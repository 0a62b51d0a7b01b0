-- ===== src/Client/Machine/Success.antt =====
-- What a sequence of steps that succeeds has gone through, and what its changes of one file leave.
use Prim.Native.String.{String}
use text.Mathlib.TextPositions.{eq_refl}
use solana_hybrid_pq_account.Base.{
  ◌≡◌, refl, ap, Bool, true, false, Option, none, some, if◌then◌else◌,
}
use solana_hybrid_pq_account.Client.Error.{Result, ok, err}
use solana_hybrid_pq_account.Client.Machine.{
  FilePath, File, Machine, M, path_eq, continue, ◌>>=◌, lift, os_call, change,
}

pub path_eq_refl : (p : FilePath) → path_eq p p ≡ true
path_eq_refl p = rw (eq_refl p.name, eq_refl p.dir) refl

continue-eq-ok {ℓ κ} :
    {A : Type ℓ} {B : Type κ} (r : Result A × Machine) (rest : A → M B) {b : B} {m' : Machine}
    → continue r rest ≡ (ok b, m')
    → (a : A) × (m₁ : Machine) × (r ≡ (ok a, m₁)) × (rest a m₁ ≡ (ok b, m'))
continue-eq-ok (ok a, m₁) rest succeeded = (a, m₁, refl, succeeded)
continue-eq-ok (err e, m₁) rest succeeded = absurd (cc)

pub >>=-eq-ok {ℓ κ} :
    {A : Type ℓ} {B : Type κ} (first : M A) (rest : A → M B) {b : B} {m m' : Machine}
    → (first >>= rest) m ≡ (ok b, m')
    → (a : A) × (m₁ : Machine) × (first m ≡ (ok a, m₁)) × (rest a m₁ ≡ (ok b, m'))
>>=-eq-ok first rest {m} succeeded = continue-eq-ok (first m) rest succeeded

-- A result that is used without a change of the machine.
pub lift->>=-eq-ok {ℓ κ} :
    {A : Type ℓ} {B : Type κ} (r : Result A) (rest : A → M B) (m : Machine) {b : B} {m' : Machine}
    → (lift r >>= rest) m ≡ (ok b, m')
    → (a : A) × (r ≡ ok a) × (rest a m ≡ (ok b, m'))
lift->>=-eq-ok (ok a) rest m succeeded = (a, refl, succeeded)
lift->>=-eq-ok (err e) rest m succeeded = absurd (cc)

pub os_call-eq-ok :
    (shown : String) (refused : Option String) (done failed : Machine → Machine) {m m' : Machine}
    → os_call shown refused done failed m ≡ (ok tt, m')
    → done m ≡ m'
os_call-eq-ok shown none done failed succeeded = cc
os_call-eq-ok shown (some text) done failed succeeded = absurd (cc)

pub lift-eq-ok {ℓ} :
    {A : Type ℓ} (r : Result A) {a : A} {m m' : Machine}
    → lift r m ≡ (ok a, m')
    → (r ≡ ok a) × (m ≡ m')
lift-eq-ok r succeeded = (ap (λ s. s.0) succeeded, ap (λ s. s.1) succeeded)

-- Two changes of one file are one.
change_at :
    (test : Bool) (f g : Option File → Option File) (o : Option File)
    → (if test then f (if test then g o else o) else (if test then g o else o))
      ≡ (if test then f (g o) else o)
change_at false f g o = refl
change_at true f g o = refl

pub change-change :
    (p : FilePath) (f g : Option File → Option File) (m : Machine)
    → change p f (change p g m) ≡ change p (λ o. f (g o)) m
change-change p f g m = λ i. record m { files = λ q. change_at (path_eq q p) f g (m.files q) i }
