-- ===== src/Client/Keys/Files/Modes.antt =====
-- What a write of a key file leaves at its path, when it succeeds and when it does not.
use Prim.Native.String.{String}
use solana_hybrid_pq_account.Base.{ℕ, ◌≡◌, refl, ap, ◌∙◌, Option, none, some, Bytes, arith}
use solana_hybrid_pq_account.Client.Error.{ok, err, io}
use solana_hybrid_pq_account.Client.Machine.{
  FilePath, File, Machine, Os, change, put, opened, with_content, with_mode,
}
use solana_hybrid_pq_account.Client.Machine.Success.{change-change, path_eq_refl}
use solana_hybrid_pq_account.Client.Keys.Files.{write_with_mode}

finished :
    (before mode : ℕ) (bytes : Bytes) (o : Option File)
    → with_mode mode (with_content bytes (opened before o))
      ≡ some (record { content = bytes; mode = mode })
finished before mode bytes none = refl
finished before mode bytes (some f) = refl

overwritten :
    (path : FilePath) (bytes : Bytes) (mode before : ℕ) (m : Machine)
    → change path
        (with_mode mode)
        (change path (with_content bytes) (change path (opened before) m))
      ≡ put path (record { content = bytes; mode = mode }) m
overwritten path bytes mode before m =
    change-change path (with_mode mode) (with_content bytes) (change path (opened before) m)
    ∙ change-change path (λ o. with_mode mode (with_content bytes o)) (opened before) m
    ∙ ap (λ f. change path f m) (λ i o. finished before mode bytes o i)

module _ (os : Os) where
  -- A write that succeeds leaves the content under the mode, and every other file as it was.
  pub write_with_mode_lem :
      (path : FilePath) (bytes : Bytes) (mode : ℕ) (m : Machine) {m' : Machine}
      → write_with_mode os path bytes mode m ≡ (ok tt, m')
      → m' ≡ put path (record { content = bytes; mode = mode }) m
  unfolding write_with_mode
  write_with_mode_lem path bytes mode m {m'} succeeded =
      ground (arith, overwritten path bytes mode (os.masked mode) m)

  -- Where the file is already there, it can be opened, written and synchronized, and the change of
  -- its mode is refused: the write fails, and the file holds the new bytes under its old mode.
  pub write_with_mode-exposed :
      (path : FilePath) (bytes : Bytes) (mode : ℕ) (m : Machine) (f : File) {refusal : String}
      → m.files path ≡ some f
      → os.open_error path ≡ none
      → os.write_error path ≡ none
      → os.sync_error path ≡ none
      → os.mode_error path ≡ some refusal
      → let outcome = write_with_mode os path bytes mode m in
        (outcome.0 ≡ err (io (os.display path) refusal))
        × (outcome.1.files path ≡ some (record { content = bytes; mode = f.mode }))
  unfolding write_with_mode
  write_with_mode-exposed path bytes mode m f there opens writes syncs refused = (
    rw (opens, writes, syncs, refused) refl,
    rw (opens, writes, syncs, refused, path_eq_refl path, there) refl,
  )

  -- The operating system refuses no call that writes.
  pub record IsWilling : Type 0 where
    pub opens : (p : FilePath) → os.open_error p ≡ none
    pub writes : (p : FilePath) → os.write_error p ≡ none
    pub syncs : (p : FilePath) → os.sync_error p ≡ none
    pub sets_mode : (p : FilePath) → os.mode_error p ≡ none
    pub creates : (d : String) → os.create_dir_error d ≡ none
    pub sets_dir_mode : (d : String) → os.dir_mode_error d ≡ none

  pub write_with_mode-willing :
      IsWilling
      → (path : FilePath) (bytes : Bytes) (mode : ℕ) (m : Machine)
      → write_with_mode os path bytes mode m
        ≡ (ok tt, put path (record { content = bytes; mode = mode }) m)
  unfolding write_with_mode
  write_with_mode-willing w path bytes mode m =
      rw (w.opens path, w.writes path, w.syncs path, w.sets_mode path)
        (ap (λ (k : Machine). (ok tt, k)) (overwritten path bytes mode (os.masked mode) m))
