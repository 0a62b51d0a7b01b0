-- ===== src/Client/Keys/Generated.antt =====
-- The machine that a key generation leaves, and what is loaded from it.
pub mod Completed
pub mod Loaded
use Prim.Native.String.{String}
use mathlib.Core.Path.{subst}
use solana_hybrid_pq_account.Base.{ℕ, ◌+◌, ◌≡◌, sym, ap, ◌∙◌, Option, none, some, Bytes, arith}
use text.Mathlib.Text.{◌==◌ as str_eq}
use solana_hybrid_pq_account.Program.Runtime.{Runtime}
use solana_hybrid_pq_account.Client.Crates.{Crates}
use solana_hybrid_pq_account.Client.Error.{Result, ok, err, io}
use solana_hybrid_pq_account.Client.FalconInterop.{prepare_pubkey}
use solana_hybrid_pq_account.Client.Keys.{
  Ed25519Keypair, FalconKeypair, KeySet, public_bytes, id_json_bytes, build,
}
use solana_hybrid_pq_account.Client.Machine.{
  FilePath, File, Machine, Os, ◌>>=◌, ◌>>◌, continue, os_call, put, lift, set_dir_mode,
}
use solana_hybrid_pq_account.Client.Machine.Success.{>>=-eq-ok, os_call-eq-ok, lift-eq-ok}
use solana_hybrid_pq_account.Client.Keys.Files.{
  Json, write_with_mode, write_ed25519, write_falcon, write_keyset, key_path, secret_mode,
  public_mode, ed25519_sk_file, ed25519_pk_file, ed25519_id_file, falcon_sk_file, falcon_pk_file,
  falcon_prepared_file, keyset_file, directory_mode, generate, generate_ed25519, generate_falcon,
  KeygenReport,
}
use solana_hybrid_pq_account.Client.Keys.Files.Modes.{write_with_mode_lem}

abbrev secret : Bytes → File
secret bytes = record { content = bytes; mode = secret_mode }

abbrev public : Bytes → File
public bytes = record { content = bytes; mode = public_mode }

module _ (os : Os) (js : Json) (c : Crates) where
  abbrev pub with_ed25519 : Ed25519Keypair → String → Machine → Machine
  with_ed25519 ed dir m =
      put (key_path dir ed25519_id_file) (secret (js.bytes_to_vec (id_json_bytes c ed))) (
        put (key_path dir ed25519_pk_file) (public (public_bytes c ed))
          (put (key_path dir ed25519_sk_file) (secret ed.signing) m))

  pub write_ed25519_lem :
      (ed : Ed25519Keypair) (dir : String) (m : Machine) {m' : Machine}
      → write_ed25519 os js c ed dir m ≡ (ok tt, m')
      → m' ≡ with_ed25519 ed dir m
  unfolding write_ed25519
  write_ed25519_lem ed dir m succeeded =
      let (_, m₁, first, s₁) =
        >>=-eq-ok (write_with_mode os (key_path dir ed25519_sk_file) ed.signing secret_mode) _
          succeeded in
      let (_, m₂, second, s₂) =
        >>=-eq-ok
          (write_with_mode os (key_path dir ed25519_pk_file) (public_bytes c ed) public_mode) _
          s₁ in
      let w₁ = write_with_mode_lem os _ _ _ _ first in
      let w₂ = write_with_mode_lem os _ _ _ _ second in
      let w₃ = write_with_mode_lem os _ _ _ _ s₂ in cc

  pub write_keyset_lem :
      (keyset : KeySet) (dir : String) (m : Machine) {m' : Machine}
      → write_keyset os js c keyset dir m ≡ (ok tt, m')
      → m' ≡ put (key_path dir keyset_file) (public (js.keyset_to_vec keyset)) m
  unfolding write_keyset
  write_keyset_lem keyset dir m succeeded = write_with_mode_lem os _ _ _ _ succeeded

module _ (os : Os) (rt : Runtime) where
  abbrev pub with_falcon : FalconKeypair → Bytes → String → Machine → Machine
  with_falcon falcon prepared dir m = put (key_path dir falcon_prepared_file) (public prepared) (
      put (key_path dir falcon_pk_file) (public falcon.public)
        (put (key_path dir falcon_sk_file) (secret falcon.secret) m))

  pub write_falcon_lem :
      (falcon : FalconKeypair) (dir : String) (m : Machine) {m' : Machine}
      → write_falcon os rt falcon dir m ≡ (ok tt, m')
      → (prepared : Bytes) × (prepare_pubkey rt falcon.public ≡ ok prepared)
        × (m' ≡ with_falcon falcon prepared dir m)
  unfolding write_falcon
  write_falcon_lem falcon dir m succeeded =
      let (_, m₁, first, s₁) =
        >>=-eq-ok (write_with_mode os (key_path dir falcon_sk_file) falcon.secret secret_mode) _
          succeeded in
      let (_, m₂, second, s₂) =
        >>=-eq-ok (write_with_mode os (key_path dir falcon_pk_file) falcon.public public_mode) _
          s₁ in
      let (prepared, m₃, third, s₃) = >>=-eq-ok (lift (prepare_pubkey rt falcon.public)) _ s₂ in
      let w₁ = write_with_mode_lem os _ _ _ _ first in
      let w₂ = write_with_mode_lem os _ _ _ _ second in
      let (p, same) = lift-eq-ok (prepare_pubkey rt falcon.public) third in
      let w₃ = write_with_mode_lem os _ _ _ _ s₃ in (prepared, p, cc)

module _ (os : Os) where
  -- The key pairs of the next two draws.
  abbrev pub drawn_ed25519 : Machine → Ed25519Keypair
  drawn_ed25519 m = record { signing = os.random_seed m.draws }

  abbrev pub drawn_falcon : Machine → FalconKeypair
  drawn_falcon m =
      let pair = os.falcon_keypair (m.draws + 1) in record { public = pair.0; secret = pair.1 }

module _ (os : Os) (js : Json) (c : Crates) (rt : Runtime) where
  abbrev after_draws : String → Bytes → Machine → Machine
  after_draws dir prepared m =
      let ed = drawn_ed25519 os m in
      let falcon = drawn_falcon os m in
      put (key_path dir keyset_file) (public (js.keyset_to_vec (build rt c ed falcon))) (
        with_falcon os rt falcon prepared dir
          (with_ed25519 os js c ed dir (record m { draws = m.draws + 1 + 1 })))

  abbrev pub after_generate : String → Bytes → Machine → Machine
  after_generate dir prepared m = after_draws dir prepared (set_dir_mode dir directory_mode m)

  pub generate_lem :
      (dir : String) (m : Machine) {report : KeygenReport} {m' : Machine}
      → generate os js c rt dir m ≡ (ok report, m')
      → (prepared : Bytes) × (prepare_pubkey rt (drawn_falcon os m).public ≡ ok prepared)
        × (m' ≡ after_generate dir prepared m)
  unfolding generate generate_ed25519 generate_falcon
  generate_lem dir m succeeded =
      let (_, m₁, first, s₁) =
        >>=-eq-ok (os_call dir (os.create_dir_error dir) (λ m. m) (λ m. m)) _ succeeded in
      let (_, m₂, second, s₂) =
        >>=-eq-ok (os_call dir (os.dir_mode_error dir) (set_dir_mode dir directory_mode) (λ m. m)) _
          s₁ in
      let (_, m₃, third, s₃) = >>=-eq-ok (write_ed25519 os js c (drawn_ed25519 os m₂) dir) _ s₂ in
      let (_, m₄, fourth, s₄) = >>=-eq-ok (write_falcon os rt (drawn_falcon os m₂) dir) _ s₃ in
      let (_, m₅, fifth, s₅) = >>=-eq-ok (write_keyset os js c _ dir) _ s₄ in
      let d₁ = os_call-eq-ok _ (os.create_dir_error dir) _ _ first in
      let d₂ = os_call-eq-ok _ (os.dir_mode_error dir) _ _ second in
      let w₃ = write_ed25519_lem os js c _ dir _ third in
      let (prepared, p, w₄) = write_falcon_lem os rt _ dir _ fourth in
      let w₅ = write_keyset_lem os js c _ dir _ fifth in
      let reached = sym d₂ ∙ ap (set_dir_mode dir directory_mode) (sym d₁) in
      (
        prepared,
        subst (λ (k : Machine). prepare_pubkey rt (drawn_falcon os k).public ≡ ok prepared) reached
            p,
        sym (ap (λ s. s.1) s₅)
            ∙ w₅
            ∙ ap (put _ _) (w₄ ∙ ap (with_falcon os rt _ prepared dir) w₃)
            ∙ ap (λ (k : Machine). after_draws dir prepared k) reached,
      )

## What the task requires
The answer should consist of the lines from the first line of the entries through the line with "rest ≡ (ok b, m')", copied exactly.

## Written response
repository 0a62b51d0a7b01b0
-- ===== src/Client/Machine/Success.antt =====
-- What a sequence of steps that succeeds has gone through, and what its changes of one file leave.
use Prim.Native.String.{String}
use text.Mathlib.TextPositions.{eq_refl}
use solana_hybrid_pq_account.Base.{
  ◌≡◌, refl, ap, Bool, true, false, Option, none, some, if◌then◌else◌,
}
use solana_hybrid_pq_account.Client.Error.{Result, ok, err}
use solana_hybrid_pq_account.Client.Machine.{
  FilePath, File, Machine, M, path_eq, continue, ◌>>=◌, lift, os_call, change,
}

pub path_eq_refl : (p : FilePath) → path_eq p p ≡ true
path_eq_refl p = rw (eq_refl p.name, eq_refl p.dir) refl

continue-eq-ok {ℓ κ} :
    {A : Type ℓ} {B : Type κ} (r : Result A × Machine) (rest : A → M B) {b : B} {m' : Machine}
    → continue r rest ≡ (ok b, m')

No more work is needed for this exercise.